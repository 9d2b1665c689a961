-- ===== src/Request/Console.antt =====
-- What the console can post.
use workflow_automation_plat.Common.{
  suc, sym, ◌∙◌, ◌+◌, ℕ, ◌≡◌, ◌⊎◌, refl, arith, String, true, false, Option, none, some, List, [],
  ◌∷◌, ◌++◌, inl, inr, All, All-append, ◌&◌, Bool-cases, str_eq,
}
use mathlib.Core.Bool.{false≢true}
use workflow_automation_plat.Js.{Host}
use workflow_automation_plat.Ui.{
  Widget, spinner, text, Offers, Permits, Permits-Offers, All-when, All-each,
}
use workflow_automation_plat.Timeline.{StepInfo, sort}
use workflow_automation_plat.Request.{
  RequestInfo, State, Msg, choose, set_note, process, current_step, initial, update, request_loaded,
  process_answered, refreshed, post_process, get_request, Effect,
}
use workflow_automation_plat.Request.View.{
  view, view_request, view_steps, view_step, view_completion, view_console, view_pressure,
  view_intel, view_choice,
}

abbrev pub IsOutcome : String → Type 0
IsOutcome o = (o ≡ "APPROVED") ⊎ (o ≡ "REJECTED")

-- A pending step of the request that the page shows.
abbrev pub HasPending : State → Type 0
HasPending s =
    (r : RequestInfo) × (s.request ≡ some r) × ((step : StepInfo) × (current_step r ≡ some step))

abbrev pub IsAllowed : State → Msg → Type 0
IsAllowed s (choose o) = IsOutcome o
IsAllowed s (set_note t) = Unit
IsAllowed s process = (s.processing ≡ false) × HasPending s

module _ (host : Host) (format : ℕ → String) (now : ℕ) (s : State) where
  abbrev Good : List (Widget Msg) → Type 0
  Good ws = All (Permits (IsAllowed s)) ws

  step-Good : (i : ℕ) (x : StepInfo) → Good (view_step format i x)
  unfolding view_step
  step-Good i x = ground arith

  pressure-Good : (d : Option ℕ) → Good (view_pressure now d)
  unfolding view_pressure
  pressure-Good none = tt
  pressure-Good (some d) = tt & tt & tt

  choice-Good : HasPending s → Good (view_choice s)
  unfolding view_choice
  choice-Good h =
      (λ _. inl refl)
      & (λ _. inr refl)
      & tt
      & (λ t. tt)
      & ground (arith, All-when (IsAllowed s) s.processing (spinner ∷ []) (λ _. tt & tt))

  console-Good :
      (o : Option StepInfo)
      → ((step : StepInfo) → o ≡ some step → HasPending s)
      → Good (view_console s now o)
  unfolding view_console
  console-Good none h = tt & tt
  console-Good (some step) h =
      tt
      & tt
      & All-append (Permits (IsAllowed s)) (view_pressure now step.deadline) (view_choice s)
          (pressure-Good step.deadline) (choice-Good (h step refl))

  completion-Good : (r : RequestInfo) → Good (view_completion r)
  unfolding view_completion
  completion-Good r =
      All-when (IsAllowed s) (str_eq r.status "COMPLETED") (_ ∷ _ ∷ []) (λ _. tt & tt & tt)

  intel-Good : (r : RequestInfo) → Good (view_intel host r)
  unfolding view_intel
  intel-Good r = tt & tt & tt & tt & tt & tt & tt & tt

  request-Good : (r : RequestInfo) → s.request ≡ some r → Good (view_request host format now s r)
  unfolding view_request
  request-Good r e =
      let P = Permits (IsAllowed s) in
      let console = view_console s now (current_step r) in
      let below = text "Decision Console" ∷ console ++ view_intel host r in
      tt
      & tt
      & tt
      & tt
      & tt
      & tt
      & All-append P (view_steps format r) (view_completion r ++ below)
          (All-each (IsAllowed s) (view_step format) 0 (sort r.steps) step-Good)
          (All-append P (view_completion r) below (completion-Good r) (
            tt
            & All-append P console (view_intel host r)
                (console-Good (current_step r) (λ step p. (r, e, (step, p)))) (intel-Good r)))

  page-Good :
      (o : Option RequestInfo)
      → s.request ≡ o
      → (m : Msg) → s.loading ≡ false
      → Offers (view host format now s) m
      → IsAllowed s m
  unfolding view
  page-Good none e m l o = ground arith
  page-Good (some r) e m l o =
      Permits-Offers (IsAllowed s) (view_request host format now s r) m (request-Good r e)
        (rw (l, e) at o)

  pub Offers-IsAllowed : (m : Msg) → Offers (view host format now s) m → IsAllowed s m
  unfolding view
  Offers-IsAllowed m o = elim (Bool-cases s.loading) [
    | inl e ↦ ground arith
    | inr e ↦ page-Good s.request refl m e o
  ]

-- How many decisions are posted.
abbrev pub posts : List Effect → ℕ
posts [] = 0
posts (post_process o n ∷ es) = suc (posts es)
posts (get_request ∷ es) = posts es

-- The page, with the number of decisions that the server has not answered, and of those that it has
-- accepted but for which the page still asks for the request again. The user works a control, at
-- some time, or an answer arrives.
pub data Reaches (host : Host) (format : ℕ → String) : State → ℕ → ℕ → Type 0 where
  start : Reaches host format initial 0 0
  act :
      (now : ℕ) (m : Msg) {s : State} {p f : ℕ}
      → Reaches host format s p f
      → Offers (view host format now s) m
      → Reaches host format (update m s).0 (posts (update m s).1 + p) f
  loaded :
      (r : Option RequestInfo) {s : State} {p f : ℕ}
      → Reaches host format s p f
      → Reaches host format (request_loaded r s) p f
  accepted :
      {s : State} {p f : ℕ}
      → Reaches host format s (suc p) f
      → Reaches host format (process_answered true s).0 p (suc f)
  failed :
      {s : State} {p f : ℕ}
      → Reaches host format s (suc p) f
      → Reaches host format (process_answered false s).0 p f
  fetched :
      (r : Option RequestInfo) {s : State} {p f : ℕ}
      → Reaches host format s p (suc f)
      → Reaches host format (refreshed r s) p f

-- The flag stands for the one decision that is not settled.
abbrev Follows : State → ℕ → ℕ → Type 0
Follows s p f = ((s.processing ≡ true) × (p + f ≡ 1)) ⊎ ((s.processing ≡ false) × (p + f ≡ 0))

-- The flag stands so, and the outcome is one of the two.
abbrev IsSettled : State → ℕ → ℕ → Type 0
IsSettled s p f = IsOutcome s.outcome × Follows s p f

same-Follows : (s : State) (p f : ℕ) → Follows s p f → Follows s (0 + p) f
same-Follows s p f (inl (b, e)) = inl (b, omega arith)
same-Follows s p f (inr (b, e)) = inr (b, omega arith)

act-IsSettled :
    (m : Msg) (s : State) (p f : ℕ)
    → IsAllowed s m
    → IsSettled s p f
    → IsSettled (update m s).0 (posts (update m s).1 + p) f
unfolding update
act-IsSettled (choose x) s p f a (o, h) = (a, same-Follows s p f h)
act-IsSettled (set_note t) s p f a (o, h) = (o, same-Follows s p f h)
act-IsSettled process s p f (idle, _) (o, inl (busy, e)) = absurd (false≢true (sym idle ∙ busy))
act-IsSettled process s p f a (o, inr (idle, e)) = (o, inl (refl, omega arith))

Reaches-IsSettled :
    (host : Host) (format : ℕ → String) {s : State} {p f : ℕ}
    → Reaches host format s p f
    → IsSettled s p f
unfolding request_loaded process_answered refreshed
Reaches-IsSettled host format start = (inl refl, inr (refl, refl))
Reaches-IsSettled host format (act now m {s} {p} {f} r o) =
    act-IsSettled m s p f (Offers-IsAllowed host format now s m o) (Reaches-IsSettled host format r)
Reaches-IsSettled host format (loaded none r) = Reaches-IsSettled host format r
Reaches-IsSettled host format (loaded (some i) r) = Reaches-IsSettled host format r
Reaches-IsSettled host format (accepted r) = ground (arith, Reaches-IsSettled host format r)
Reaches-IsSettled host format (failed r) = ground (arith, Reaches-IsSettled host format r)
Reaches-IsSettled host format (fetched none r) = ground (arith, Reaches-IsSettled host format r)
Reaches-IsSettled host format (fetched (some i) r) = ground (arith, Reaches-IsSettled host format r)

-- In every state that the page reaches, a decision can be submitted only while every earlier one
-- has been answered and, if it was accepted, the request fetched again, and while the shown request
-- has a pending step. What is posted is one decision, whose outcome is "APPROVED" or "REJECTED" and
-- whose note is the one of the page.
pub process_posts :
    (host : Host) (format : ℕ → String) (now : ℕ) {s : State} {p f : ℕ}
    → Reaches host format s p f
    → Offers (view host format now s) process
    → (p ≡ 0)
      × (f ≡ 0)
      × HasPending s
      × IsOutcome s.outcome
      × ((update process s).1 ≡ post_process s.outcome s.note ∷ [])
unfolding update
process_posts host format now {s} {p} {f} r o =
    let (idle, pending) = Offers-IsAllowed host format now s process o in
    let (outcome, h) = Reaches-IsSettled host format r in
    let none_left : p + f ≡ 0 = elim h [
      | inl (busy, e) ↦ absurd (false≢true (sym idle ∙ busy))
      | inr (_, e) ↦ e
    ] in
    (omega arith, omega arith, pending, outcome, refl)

——————

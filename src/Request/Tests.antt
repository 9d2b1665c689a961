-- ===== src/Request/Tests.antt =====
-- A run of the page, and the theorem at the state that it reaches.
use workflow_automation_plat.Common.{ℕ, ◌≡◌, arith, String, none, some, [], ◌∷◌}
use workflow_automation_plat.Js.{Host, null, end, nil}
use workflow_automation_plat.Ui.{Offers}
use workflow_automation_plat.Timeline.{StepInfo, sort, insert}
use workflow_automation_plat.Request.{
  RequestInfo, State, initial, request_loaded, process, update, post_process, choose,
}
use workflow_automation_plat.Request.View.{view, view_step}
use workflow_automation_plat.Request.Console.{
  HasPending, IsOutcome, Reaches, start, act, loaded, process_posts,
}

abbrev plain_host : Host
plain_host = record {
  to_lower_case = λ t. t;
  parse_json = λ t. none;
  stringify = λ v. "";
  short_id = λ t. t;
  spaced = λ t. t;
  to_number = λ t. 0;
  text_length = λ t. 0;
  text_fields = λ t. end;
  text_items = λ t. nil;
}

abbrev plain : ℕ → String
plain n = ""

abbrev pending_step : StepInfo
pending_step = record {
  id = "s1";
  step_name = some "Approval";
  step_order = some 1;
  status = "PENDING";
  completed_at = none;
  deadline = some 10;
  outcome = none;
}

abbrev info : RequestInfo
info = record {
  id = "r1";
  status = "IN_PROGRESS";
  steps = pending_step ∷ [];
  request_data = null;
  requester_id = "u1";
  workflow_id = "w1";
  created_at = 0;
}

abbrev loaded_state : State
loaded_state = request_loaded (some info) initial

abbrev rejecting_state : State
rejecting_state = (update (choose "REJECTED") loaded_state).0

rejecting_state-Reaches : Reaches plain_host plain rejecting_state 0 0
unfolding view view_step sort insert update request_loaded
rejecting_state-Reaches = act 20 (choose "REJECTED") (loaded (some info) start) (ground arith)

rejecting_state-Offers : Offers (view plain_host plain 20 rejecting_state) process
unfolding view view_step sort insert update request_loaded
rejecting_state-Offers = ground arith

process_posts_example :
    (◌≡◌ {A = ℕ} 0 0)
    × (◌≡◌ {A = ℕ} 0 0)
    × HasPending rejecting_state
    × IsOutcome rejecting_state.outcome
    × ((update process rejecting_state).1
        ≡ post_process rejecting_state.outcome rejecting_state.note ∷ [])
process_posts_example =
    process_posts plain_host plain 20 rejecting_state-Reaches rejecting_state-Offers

——————

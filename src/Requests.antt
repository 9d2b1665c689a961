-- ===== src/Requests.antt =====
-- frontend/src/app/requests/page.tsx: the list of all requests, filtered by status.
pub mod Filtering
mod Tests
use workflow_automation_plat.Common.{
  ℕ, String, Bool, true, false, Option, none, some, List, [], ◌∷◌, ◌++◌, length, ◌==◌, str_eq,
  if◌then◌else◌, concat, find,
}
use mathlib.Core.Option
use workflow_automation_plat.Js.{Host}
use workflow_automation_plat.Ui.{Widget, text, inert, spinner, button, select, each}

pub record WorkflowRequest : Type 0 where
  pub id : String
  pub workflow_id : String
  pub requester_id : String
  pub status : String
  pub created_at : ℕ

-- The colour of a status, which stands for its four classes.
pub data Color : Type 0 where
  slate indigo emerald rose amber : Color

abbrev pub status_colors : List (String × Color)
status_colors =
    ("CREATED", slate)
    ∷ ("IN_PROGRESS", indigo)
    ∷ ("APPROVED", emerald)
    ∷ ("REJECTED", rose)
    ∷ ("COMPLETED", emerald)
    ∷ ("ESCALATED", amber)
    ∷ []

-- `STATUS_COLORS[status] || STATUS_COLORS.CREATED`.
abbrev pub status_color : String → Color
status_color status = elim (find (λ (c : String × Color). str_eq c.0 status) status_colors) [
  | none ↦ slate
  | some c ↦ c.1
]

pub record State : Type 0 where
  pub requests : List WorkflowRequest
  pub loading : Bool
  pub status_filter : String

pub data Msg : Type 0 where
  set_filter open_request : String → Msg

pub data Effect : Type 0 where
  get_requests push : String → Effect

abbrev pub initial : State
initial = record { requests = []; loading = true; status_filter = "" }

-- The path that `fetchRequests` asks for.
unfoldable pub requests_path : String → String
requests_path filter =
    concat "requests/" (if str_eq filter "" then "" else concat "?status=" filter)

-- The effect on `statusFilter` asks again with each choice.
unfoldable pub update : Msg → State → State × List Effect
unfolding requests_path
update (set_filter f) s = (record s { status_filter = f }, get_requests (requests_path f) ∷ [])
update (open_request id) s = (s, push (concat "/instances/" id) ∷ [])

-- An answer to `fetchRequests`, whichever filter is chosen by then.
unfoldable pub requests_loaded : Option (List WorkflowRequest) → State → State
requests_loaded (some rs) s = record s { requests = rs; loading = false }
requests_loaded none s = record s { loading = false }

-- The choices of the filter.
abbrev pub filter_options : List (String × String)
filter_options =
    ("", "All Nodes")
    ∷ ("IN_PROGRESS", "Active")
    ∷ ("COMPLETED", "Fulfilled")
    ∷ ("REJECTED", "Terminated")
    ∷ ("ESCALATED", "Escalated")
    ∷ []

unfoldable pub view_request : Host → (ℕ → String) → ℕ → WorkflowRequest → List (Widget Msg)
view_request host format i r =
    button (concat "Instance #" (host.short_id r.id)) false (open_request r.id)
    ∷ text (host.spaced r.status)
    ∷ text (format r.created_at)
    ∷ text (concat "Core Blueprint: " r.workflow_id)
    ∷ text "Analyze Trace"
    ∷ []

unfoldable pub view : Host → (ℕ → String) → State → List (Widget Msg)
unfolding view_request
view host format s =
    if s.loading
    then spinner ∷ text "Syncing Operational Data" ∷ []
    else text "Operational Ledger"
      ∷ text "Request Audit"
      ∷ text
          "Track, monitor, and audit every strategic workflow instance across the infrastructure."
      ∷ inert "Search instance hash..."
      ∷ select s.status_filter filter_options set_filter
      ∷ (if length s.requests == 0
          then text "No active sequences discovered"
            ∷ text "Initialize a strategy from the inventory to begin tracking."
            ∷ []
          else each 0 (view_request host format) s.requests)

——————

[Task item]: From the listing above, output exactly the run of lines that starts with the line containing "let none_left : p" and ends with the line containing "(omega arith, omega".

[Solution to this problem]:
    let none_left : p + f ≡ 0 = elim h [
      | inl (busy, e) ↦ absurd (false≢true (sym idle ∙ busy))
      | inr (_, e) ↦ e
    ] in
    (omega arith, omega arith, pending, outcome, refl)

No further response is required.